### EXERCISE INSTRUCTIONS
Give the number of lines in the entries below that hold "ends", with no accompanying words.

Data extracted from a collection

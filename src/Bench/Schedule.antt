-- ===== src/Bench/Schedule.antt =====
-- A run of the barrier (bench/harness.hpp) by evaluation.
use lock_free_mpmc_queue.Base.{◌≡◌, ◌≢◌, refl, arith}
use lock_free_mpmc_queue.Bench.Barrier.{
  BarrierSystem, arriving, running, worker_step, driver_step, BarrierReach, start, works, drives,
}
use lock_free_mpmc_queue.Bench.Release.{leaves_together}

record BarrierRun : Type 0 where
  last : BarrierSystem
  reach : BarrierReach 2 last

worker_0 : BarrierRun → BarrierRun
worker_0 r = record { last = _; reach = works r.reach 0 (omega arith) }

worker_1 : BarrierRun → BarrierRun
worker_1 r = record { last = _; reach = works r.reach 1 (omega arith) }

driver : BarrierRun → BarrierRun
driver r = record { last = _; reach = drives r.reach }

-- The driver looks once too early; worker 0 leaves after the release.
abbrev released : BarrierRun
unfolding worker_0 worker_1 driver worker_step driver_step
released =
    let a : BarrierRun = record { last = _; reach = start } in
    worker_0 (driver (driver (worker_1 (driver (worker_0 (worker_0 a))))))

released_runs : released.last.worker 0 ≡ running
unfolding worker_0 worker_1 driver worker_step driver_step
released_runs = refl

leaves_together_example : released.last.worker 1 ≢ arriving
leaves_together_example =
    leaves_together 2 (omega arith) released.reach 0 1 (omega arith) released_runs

--

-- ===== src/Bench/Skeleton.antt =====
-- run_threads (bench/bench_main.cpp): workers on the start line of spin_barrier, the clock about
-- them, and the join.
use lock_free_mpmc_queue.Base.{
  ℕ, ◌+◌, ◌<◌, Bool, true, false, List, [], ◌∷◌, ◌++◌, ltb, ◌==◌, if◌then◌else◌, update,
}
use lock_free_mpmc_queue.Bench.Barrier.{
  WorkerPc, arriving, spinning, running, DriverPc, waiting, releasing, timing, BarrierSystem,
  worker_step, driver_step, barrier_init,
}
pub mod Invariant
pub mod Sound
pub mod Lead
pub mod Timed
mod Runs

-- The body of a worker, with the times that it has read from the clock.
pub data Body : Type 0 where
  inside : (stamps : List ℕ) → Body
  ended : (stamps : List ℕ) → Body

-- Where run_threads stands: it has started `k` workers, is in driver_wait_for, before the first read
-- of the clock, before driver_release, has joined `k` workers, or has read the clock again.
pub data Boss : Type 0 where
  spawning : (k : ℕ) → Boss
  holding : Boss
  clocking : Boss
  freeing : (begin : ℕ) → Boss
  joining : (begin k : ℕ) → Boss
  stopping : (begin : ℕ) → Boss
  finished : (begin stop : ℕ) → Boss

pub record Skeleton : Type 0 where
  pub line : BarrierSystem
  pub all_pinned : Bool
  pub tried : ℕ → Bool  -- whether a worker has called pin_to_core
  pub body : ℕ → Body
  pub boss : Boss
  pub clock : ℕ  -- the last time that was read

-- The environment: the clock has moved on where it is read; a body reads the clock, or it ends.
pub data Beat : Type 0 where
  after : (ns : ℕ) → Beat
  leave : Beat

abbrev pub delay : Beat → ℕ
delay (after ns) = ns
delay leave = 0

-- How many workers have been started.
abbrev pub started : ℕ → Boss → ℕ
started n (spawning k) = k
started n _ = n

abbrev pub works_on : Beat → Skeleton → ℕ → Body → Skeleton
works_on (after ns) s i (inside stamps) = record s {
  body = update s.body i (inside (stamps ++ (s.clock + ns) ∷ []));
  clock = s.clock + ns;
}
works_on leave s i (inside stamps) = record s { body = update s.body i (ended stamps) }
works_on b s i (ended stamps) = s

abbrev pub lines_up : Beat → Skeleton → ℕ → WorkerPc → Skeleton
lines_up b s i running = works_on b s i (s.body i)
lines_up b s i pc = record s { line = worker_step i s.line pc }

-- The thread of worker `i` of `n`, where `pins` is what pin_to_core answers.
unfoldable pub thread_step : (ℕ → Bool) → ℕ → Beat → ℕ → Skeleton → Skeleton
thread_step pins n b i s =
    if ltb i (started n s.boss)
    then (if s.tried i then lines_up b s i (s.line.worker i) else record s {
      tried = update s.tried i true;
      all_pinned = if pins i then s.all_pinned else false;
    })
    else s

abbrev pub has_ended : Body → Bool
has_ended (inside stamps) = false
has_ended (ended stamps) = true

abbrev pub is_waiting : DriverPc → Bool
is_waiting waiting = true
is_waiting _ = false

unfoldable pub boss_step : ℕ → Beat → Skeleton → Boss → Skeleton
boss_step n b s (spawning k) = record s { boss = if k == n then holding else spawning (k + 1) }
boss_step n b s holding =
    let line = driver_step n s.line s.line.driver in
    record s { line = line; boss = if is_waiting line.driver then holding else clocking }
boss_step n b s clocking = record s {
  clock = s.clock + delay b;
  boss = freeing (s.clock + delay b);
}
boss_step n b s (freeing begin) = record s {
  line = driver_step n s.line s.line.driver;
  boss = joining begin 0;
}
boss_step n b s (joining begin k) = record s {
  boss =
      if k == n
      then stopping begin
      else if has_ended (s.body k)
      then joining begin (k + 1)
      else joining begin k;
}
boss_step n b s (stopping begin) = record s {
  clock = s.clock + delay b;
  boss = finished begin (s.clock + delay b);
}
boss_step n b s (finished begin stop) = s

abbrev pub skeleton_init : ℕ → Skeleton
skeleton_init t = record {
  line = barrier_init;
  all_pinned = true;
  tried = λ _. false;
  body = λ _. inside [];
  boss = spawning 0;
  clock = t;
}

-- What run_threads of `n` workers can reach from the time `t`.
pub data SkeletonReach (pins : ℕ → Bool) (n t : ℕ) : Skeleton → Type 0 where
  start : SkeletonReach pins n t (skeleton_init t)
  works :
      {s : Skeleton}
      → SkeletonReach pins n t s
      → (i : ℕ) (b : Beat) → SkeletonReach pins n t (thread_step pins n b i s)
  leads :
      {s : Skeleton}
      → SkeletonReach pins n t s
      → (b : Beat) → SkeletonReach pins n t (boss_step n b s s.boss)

* * *

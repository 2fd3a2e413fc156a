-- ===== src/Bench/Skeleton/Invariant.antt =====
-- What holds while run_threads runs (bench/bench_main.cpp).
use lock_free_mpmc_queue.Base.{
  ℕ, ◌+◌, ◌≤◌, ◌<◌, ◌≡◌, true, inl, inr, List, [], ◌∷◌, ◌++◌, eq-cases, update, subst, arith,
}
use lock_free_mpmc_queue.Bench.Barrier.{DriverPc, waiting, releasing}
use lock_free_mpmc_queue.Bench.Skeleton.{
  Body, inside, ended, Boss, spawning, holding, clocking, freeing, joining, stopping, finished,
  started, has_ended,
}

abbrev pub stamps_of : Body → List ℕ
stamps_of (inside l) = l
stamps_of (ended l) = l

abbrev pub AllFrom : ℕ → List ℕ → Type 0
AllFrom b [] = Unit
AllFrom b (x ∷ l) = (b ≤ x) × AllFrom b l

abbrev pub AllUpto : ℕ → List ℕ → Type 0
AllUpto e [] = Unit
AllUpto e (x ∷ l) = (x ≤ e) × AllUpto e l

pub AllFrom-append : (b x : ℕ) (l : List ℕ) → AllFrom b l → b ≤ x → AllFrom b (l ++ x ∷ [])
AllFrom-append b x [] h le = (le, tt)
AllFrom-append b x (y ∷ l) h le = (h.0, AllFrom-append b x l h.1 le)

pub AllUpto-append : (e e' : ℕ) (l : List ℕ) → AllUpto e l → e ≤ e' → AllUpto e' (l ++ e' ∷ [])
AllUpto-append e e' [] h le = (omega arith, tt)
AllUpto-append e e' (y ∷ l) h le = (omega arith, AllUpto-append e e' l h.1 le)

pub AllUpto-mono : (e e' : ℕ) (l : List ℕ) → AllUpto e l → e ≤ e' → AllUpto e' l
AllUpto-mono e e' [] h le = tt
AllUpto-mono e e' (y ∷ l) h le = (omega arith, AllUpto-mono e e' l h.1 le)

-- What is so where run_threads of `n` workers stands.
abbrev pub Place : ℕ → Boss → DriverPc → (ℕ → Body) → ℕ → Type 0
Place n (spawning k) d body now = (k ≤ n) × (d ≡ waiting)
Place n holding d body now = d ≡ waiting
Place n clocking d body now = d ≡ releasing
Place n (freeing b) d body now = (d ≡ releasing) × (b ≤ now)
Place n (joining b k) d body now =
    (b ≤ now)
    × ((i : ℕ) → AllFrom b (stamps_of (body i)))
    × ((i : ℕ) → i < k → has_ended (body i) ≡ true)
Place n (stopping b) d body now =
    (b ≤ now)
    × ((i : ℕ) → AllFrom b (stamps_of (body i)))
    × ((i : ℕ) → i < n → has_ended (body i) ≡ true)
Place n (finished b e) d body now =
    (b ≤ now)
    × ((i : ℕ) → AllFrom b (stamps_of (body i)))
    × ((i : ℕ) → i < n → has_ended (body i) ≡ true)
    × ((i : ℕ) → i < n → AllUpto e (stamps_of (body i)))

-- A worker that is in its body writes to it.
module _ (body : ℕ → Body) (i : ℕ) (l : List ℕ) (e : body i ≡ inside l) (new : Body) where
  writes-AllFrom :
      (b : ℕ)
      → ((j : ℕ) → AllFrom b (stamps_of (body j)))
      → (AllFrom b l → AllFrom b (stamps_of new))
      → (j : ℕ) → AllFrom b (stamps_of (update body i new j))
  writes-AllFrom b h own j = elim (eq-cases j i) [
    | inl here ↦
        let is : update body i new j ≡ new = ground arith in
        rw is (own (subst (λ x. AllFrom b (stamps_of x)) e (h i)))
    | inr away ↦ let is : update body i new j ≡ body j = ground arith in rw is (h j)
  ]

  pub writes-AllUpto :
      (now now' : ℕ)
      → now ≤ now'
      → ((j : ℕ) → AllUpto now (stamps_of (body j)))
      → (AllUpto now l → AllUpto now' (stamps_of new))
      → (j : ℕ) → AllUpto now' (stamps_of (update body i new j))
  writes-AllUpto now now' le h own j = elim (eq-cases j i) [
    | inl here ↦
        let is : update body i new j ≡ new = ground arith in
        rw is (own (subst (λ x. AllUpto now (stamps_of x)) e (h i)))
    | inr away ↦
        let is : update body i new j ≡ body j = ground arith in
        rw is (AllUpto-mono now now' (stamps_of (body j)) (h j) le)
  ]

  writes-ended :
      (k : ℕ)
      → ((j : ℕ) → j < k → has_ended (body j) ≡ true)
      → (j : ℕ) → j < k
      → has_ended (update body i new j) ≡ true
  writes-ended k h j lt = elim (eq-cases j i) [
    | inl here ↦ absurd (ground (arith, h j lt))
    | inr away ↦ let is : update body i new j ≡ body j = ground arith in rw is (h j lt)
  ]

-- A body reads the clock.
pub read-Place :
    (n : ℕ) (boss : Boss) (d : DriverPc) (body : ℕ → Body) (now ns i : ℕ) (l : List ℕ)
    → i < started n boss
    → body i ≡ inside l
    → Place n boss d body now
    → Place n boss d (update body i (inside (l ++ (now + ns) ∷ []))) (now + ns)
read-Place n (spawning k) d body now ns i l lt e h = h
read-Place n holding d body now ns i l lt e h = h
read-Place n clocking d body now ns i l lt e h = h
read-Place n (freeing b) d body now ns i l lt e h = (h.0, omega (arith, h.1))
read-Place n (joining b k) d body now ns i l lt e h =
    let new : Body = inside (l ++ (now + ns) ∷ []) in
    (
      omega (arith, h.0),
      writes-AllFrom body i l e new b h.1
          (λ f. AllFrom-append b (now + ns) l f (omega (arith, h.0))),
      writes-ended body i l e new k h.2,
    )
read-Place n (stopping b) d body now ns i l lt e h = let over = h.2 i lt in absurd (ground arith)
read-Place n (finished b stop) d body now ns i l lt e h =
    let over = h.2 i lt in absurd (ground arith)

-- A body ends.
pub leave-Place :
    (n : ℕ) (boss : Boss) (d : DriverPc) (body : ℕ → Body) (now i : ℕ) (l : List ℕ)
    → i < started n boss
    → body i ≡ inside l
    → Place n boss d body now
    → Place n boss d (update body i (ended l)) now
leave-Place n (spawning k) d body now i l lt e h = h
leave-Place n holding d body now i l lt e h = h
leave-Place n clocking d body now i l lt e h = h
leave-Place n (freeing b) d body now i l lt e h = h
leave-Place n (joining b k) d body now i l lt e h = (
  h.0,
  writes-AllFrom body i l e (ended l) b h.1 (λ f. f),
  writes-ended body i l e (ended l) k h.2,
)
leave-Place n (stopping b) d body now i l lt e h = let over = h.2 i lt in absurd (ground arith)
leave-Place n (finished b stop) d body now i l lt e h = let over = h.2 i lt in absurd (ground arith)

### ANSWER FOR THE TASK
2